• _What you will do_: Every record that follows needs to be written out again, exactly.
━━━━━━━━━━━━━━━━━━━━━━━━━━━━━━
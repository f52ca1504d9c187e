-- ===== src/Retrieval/Run.antt =====
-- Runs of the controller of orchestrator/retrieval_progress.py: the methods in any order, with any
-- calls and results. The adapter reports every result to `after`, also that of a setup call, for which
-- `before` has made no reservation.
use agi_inspired.Prelude.{ℕ, ◌+◌, ◌≤◌, ◌<◌, ◌≡◌, ◌⊎◌, Bool, Option, some, arith}
use agi_inspired.Prelude.Text.{Text}
use agi_inspired.Retrieval.Policy.{Rungs, total, RetrievalPolicy, tool_stage}
use agi_inspired.Retrieval.State.{Controller, executed_calls, new_controller}
use agi_inspired.Retrieval.Controller.{begin_tool_batch, end_tool_batch, before}
use agi_inspired.Retrieval.After.{after, start_finalization, finish_research, finish_finalization}
use agi_inspired.Retrieval.Budget.{
  count_extra, IsBounded, Within, before-Within, after-Within, final-Within,
}
use agi_inspired.Retrieval.Stages.{IsUsable, MovesOn, before-stage, final-stage}
use agi_inspired.Retrieval.Progress.{after-stage}

module _ (sha256 : Text → Text) (canonical_url : Text → Text) where
  pub data Step : Controller → Controller → Type 0 where
    begin_batch : (c : Controller) → Step c (begin_tool_batch c)
    end_batch : (c : Controller) → Step c (end_tool_batch c)
    call : (c : Controller) (t : Text) → Step c (before t c).0
    result :
        (c : Controller) (t : Text) (text : Option Text) (failed : Bool)
        → Step c (after sha256 canonical_url t text failed c).0
    finalize : (c c' : Controller) → start_finalization c ≡ some c' → Step c c'
    research_done : (c : Controller) (n : ℕ) → Step c (finish_research n c)
    finalized : (c : Controller) (success : Bool) → Step c (finish_finalization success c)

  pub data Reach (c : Controller) : Controller → Type 0 where
    here : Reach c c
    next : {d e : Controller} → Reach c d → Step d e → Reach c e

  -- The results of a run that came for a rung on which no call was in flight.
  unfoldable pub extra_after : {c d : Controller} → Step c d → Rungs → Rungs
  unfolding count_extra
  extra_after (result c t text failed) x = count_extra (tool_stage t) c.state x
  extra_after (begin_batch c) x = x
  extra_after (end_batch c) x = x
  extra_after (call c t) x = x
  extra_after (finalize c c' e) x = x
  extra_after (research_done c n) x = x
  extra_after (finalized c success) x = x

  unfoldable pub extra_results : {c d : Controller} → Reach c d → Rungs
  extra_results here = record { search = 0; direct_fetch = 0; browser = 0 }
  extra_results (next r s) = extra_after s (extra_results r)

  Step-Within :
      (p : RetrievalPolicy) {x : Rungs} {c d : Controller} (s : Step c d)
      → Within p x c
      → Within p (extra_after s x) d
  unfolding begin_tool_batch end_tool_batch extra_after
  Step-Within p (begin_batch c) h = ground arith
  Step-Within p (end_batch c) h = ground arith
  Step-Within p (call c t) h = before-Within p t c h
  Step-Within p (result c t text failed) h = after-Within p sha256 canonical_url t text failed c h
  Step-Within p (finalize c c' e) h = (final-Within p c h).0 c' e
  Step-Within p (research_done c n) h = (final-Within p c h).1 n
  Step-Within p (finalized c success) h = (final-Within p c h).2 success

  Reach-Within :
      (p : RetrievalPolicy) {c d : Controller} (r : Reach c d)
      → Within p (record { search = 0; direct_fetch = 0; browser = 0 }) c
      → Within p (extra_results r) d
  unfolding extra_results
  Reach-Within p here h = h
  Reach-Within p (next r s) h = Step-Within p s (Reach-Within p r h)

  new-Within :
      (p : RetrievalPolicy) (audited traced : Bool) {c : Controller}
      → new_controller p audited traced ≡ some c
      → Within p (record { search = 0; direct_fetch = 0; browser = 0 }) c
  unfolding new_controller
  new-Within p audited traced e = ground arith

  -- In every run from a new controller, whatever the calls and results, the calls that were counted and
  -- those in flight are on each rung at most its budget and the results that came while no call was
  -- in flight there, as a setup call's result does; so are all together. Where there is no such
  -- result, they are within the budgets. The setup calls and the evidence kept are within their allowances.
  pub run-IsBounded :
      (p : RetrievalPolicy) (audited traced : Bool) {c d : Controller}
      → new_controller p audited traced ≡ some c
      → (r : Reach c d)
      → (executed_calls d + total d.state.reserved ≤ total p.max_calls + total (extra_results r))
        × IsBounded p (extra_results r) d.state
  unfolding executed_calls total
  run-IsBounded p audited traced e r =
      let h = Reach-Within p r (new-Within p audited traced e) in (omega arith, h.bounded)

  Step-stage :
      {c d : Controller}
      → Step c d
      → MovesOn c.policy.max_calls c.state.stage d.state.stage × (d.policy ≡ c.policy)
  unfolding begin_tool_batch end_tool_batch
  Step-stage (begin_batch c) = ground arith
  Step-stage (end_batch c) = ground arith
  Step-stage (call c t) = before-stage t c
  Step-stage (result c t text failed) = after-stage sha256 canonical_url t text failed c
  Step-stage (finalize c c' e) = ground (arith, (final-stage c).0 c' e)
  Step-stage (research_done c n) = ground (arith, (final-stage c).1 n)
  Step-stage (finalized c success) = ground (arith, (final-stage c).2 success)

  -- The stage never goes back in a run, whatever the calls and results; where it has moved, it stands
  -- at a rung with a budget or at the end.
  pub run-stage :
      {c d : Controller}
      → Reach c d
      → (d.policy ≡ c.policy)
        × ((d.state.stage ≡ c.state.stage)
            ⊎ ((c.state.stage < d.state.stage) × IsUsable c.policy.max_calls d.state.stage))
  run-stage here = ground arith
  run-stage (next r s) = ground (arith, run-stage r, Step-stage s)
━━━━━━━━━━━━━━━━━━━━━━━━━━━━━━
• _Response area_:
repository f52ca1504d9c187e
-- ===== src/Retrieval/Run.antt =====
-- Runs of the controller of orchestrator/retrieval_progress.py: the methods in any order, with any
-- calls and results. The adapter reports every result to `after`, also that of a setup call, for which
-- `before` has made no reservation.
use agi_inspired.Prelude.{ℕ, ◌+◌, ◌≤◌, ◌<◌, ◌≡◌, ◌⊎◌, Bool, Option, some, arith}
use agi_inspired.Prelude.Text.{Text}
use agi_inspired.Retrieval.Policy.{Rungs, total, RetrievalPolicy, tool_stage}
use agi_inspired.Retrieval.State.{Controller, executed_calls, new_controller}
use agi_inspired.Retrieval.Controller.{begin_tool_batch, end_tool_batch, before}
use agi_inspired.Retrieval.After.{after, start_finalization, finish_research, finish_finalization}
use agi_inspired.Retrieval.Budget.{
  count_extra, IsBounded, Within, before-Within, after-Within, final-Within,
}
use agi_inspired.Retrieval.Stages.{IsUsable, MovesOn, before-stage, final-stage}
use agi_inspired.Retrieval.Progress.{after-stage}

module _ (sha256 : Text → Text) (canonical_url : Text → Text) where
  pub data Step : Controller → Controller → Type 0 where
    begin_batch : (c : Controller) → Step c (begin_tool_batch c)
    end_batch : (c : Controller) → Step c (end_tool_batch c)
    call : (c : Controller) (t : Text) → Step c (before t c).0
    result :
        (c : Controller) (t : Text) (text : Option Text) (failed : Bool)
        → Step c (after sha256 canonical_url t text failed c).0
    finalize : (c c' : Controller) → start_finalization c ≡ some c' → Step c c'
    research_done : (c : Controller) (n : ℕ) → Step c (finish_research n c)
    finalized : (c : Controller) (success : Bool) → Step c (finish_finalization success c)

  pub data Reach (c : Controller) : Controller → Type 0 where
    here : Reach c c
    next : {d e : Controller} → Reach c d → Step d e → Reach c e

  -- The results of a run that came for a rung on which no call was in flight.
  unfoldable pub extra_after : {c d : Controller} → Step c d → Rungs → Rungs
  unfolding count_extra
  extra_after (result c t text failed) x = count_extra (tool_stage t) c.state x
  extra_after (begin_batch c) x = x
  extra_after (end_batch c) x = x
  extra_after (call c t) x = x
  extra_after (finalize c c' e) x = x
  extra_after (research_done c n) x = x
  extra_after (finalized c success) x = x

  unfoldable pub extra_results : {c d : Controller} → Reach c d → Rungs
  extra_results here = record { search = 0; direct_fetch = 0; browser = 0 }
  extra_results (next r s) = extra_after s (extra_results r)

  Step-Within :
      (p : RetrievalPolicy) {x : Rungs} {c d : Controller} (s : Step c d)
      → Within p x c
      → Within p (extra_after s x) d
  unfolding begin_tool_batch end_tool_batch extra_after
  Step-Within p (begin_batch c) h = ground arith
  Step-Within p (end_batch c) h = ground arith
  Step-Within p (call c t) h = before-Within p t c h
  Step-Within p (result c t text failed) h = after-Within p sha256 canonical_url t text failed c h
  Step-Within p (finalize c c' e) h = (final-Within p c h).0 c' e
  Step-Within p (research_done c n) h = (final-Within p c h).1 n
  Step-Within p (finalized c success) h = (final-Within p c h).2 success

  Reach-Within :
      (p : RetrievalPolicy) {c d : Controller} (r : Reach c d)
      → Within p (record { search = 0; direct_fetch = 0; browser = 0 }) c
      → Within p (extra_results r) d
  unfolding extra_results
  Reach-Within p here h = h
  Reach-Within p (next r s) h = Step-Within p s (Reach-Within p r h)

  new-Within :
      (p : RetrievalPolicy) (audited traced : Bool) {c : Controller}
      → new_controller p audited traced ≡ some c
      → Within p (record { search = 0; direct_fetch = 0; browser = 0 }) c
  unfolding new_controller
  new-Within p audited traced e = ground arith

  -- In every run from a new controller, whatever the calls and results, the calls that were counted and
  -- those in flight are on each rung at most its budget and the results that came while no call was
  -- in flight there, as a setup call's result does; so are all together. Where there is no such
  -- result, they are within the budgets. The setup calls and the evidence kept are within their allowances.
  pub run-IsBounded :
      (p : RetrievalPolicy) (audited traced : Bool) {c d : Controller}
      → new_controller p audited traced ≡ some c
      → (r : Reach c d)
      → (executed_calls d + total d.state.reserved ≤ total p.max_calls + total (extra_results r))
        × IsBounded p (extra_results r) d.state
  unfolding executed_calls total
  run-IsBounded p audited traced e r =
      let h = Reach-Within p r (new-Within p audited traced e) in (omega arith, h.bounded)

  Step-stage :
      {c d : Controller}
      → Step c d
      → MovesOn c.policy.max_calls c.state.stage d.state.stage × (d.policy ≡ c.policy)
  unfolding begin_tool_batch end_tool_batch
  Step-stage (begin_batch c) = ground arith
  Step-stage (end_batch c) = ground arith
  Step-stage (call c t) = before-stage t c
  Step-stage (result c t text failed) = after-stage sha256 canonical_url t text failed c
  Step-stage (finalize c c' e) = ground (arith, (final-stage c).0 c' e)
  Step-stage (research_done c n) = ground (arith, (final-stage c).1 n)
  Step-stage (finalized c success) = ground (arith, (final-stage c).2 success)

  -- The stage never goes back in a run, whatever the calls and results; where it has moved, it stands
  -- at a rung with a budget or at the end.
  pub run-stage :
      {c d : Controller}
      → Reach c d
      → (d.policy ≡ c.policy)
        × ((d.state.stage ≡ c.state.stage)
            ⊎ ((c.state.stage < d.state.stage) × IsUsable c.policy.max_calls d.state.stage))
  run-stage here = ground arith
  run-stage (next r s) = ground (arith, run-stage r, Step-stage s)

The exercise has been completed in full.